FINRA Makes (Almost No) Revisions to Proposal for TBA Requirements

Commentary by Nihal Patel

FINRA proposed a second partial amendment to its rule proposal to adopt margin requirements for "to-be-announced" transactions and other forward-settling agency securities transactions (collectively, "TBAs").

The amendment makes changes only to the proposal's requirements that apply to multifamily and project loan securities (which FINRA chose to exclude from the proposal in the first partial amendment). FINRA stated that the revised rule text is designed so that products are interpreted "in the totality of their characteristics," and that FINRA did not propose a requirement that its members apply the proposed margin requirements to such securities. The remainder of the filing responds to the most recent round of comments but makes no further changes to the rule proposal.

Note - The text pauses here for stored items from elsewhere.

-- ===== src/BitReader/Read.antt =====
-- safeReadBits and safeReadBits32 against the stream of unread bits.
use go_brrr.Prelude.{
  ℕ, zero, suc, ◌+◌, ◌*◌, ◌^◌, ◌≤◌, ◌<◌, ◌≡◌, refl, List, ◌++◌, length, drop, take, arith, Bool,
  true, false, sym, ap, ◌∙◌, leb, ltb, some, none, Option, length-append, inl, inr, lt-cases,
  if◌then◌else◌,
}
use go_brrr.Prelude.BitStream.{
  to_bits, from_bits, from_bits-to_bits, length-to_bits, take_exact, drop_exact,
}
use go_brrr.BitReader.{BitReader, take_bits, pull_bits, pull_fuel, safe_read_bits}
use go_brrr.BitReader.Unread.{unread, IsReader, pull_byte-unread, pull_byte-end, take_bits-unread}

-- What the pulling loop leaves: enough bits, or a reader at the end of its input.
pub data Pulled (n : ℕ) (br : BitReader) : Bool × BitReader → Type 0 where
  enough :
      (br' : BitReader)
      → IsReader br'
      → unread br' ≡ unread br
      → br'.input ≡ br.input
      → n ≤ br'.bit_pos
      → Pulled n br (true, br')
  short :
      (br' : BitReader)
      → IsReader br'
      → unread br' ≡ unread br
      → br'.input ≡ br.input
      → br'.bit_pos < n
      → length br'.input ≤ br'.pos
      → Pulled n br (false, br')

later :
    (n : ℕ) (br br1 : BitReader) (r : Bool × BitReader)
    → unread br1 ≡ unread br
    → br1.input ≡ br.input
    → Pulled n br1 r
    → Pulled n br r
later n br br1 _ e i (enough br' v u j m) = enough br' v (u ∙ e) (j ∙ i) m
later n br br1 _ e i (short br' v u j m p) = short br' v (u ∙ e) (j ∙ i) m p

pub pull_bits-Pulled :
    (fuel n : ℕ) (br : BitReader)
    → IsReader br
    → n ≤ 56
    → n ≤ br.bit_pos + 8 * fuel
    → Pulled n br (pull_bits fuel n br)
unfolding pull_bits
pull_bits-Pulled zero n br v h f =
    let done : leb n br.bit_pos ≡ true = ground arith in
    rw (pull_bits, done) (enough br v refl refl (omega arith))
pull_bits-Pulled (suc fuel) n br v h f = elim (lt-cases br.bit_pos n) [
  | inr full ↦
      let stop : ltb br.bit_pos n ≡ false = ground arith in
      rw (pull_bits, stop) (enough br v refl refl full)
  | inl less ↦
      let go : ltb br.bit_pos n ≡ true = ground arith in
      rw (pull_bits, go)
        (elim (lt-cases br.pos (length br.input)) [
          | inl more ↦
              let (br1, e, v1, u, b, i) = pull_byte-unread br v (omega arith) more in
              rw e (later n br br1 _ u i (pull_bits-Pulled fuel n br1 v1 h (omega arith)))
          | inr over ↦ rw (pull_byte-end br v over).0 (short br v refl refl less over)
        ])
]

-- A read that finds the bits hands them out; one that does not says so and keeps the stream.
pub data ReadBits (n : ℕ) (br : BitReader) : Option ℕ × BitReader → Type 0 where
  got :
      (v : ℕ) (br' : BitReader)
      → v < 2 ^ n
      → unread br ≡ to_bits n v ++ unread br'
      → IsReader br'
      → br'.input ≡ br.input
      → ReadBits n br (some v, br')
  starved :
      (br' : BitReader)
      → length (unread br) < n
      → unread br' ≡ unread br
      → IsReader br'
      → br'.input ≡ br.input
      → length br'.input ≤ br'.pos
      → ReadBits n br (none, br')

short_unread :
    (br : BitReader) → IsReader br → length br.input ≤ br.pos → length (unread br) ≡ br.bit_pos
short_unread br v p = ap length (pull_byte-end br v p).1 ∙ length-to_bits br.bit_pos br.val

taken :
    (n : ℕ) (br : BitReader) (r : Bool × BitReader)
    → n ≤ 24
    → Pulled n br r
    → ReadBits n br
        (if r.0 then (let (v, br'') = take_bits n r.1 in (some v, br'')) else (none, r.1))
taken n br _ h (enough br' v u i m) =
    let (x, e, v', j) = take_bits-unread n br' v m (omega arith) in got _ _ x (sym u ∙ e) v' (j ∙ i)
taken n br _ h (short br' v u i m p) =
    starved br' (omega (arith, ap length u, short_unread br' v p, m)) u v i p

-- Up to 24 bits: the loop always has enough fuel, and the read hands out the next bits of the
-- stream exactly when there are that many.
pub safe_read_bits-ReadBits :
    (n : ℕ) (br : BitReader) → IsReader br → n ≤ 24 → ReadBits n br (safe_read_bits n br)
unfolding safe_read_bits
safe_read_bits-ReadBits n br v h =
    taken n br (pull_bits pull_fuel n br) h
      (pull_bits-Pulled pull_fuel n br v (omega arith) (omega arith))

pub same_bits :
    (n v x : ℕ) (s t : List ℕ)
    → v < 2 ^ n
    → x < 2 ^ n
    → to_bits n v ++ s ≡ to_bits n x ++ t
    → (v ≡ x) × (s ≡ t)
same_bits n v x s t hv hx e = (
  sym (from_bits-to_bits n v hv) ∙ ap from_bits fields ∙ from_bits-to_bits n x hx,
  sym (drop_exact n (to_bits n v) s (length-to_bits n v))
      ∙ ap (drop n) e
      ∙ drop_exact n (to_bits n x) t (length-to_bits n x),
)
  where
    fields : to_bits n v ≡ to_bits n x
    fields =
        sym (take_exact n (to_bits n v) s (length-to_bits n v))
        ∙ ap (take n) e
        ∙ take_exact n (to_bits n x) t (length-to_bits n x)

-- A written field is what a read gives back.
pub record Got (n v : ℕ) (rest : List ℕ) (r : Option ℕ × BitReader) : Type 0 where
  pub value : r.0 ≡ some v
  pub left : unread r.1 ≡ rest
  pub valid : IsReader r.1

read_field :
    (n v : ℕ) (rest : List ℕ) (br : BitReader) (r : Option ℕ × BitReader)
    → v < 2 ^ n
    → unread br ≡ to_bits n v ++ rest
    → ReadBits n br r
    → Got n v rest r
read_field n v rest br _ h e (got x br' hx u w i) =
    let (same, tail) = same_bits n v x rest (unread br') h hx (sym e ∙ u) in
    record { value = ap some (sym same); left = sym tail; valid = w }
read_field n v rest br _ h e (starved br' l u w i p) =
    absurd (omega (arith, ap length e, length-append (to_bits n v) rest, length-to_bits n v))

pub safe_read_bits-Got :
    (n v : ℕ) (rest : List ℕ) (br : BitReader)
    → IsReader br
    → n ≤ 24
    → v < 2 ^ n
    → unread br ≡ to_bits n v ++ rest
    → (br' : BitReader) × (safe_read_bits n br ≡ (some v, br')) × IsReader br' × (unread br' ≡ rest)
safe_read_bits-Got n v rest br w hn h e =
    let g = read_field n v rest br _ h e (safe_read_bits-ReadBits n br w hn) in
    (
      (safe_read_bits n br).1,
      ap (λ (o : Option ℕ). (o, (safe_read_bits n br).1)) g.value,
      g.valid,
      g.left,
    )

This filing demonstrates that FINRA continues to believe their proposal gets it right on policy. In response to 54 comment letters the SEC received on the proposal in the last six months,* FINRA has made only two changes: (i) to exclude multifamily and project loan securities from the scope of the proposal and (ii) to extend the compliance date from six months to 18 months following SEC approval. FINRA's steadfastness continues to confound on many fronts:

  • As a general matter, there seems to be a disconnect between FINRA and market participants as to the cost of implementing the proposal. FINRA believes commenters are off as to their estimates, saying that they "fall toward the higher end of the cost range. . . ." Instead, FINRA seems to rely on an anecdotal survey of its own citing cost estimates from "one service provider," "one firm that does a significant business in the TBA market," "sources at one firm," and "another firm." Referring to multiple individual firms in the course of a survey is reasonable; except here, FINRA cites each of these single firms for the cost of particular aspects of implementation. (Imagine Zagat's but with only the blurbs and no ratings.) Whatever one thinks of the merits of cost-benefit analysis (and reasonable minds can disagree), such reliance is inadequate.
  • In response to comments from SIFMA that the rule change effectively mandates a new account type, FINRA states that it is aware that the rule involves costs and that firms have competing demands for resources, but that "regulation, like industry, continually evolves with new and ongoing initiatives."  What this fails to address is the fact that FINRA has consciously chosen to adopt a new system when there are multiple alternative systems to choose from (including the current fixed income margin scheme administered by FINRA).
  • In multiple places (including as to the definition of "exempt account") FINRA declines to make changes to Rule 4210 because it believes these issues are better addressed in a separate rulemaking or guidance.  That same logic is absent when FINRA chooses not to apply the margin transfer and liquidation timing requirements that apply to fixed income transactions under Rule 4210 generally and instead seeks a specific requirement to apply to TBAs.  If FINRA believes that these new requirements are appropriate, why not have that discussion in the context of a conversation more generally about these deadlines rather than make specific requirements for this particular product set?  This would not prevent FINRA from implementing the margin requirements for these TBAs, and would allow FINRA to seriously consider concerns raised by commenters as to timing, such as how to interpret a T+1 requirement when you're running a business with customers in different time zones.
  • In response to many other concerns raised by commenters, FINRA says that it will consider issuing guidance in the future. This kind of "punt" is great for lawyers (who will dig through all of the interpretations if and when FINRA updates the Rule 4210 interpretations - current copyright: 2010) but it is an unsatisfying response to those trying to run a business or determine whether to stay in a particular line of business.

* Full disclosure: Cadwalader represented SIFMA in its comment letters on the proposal.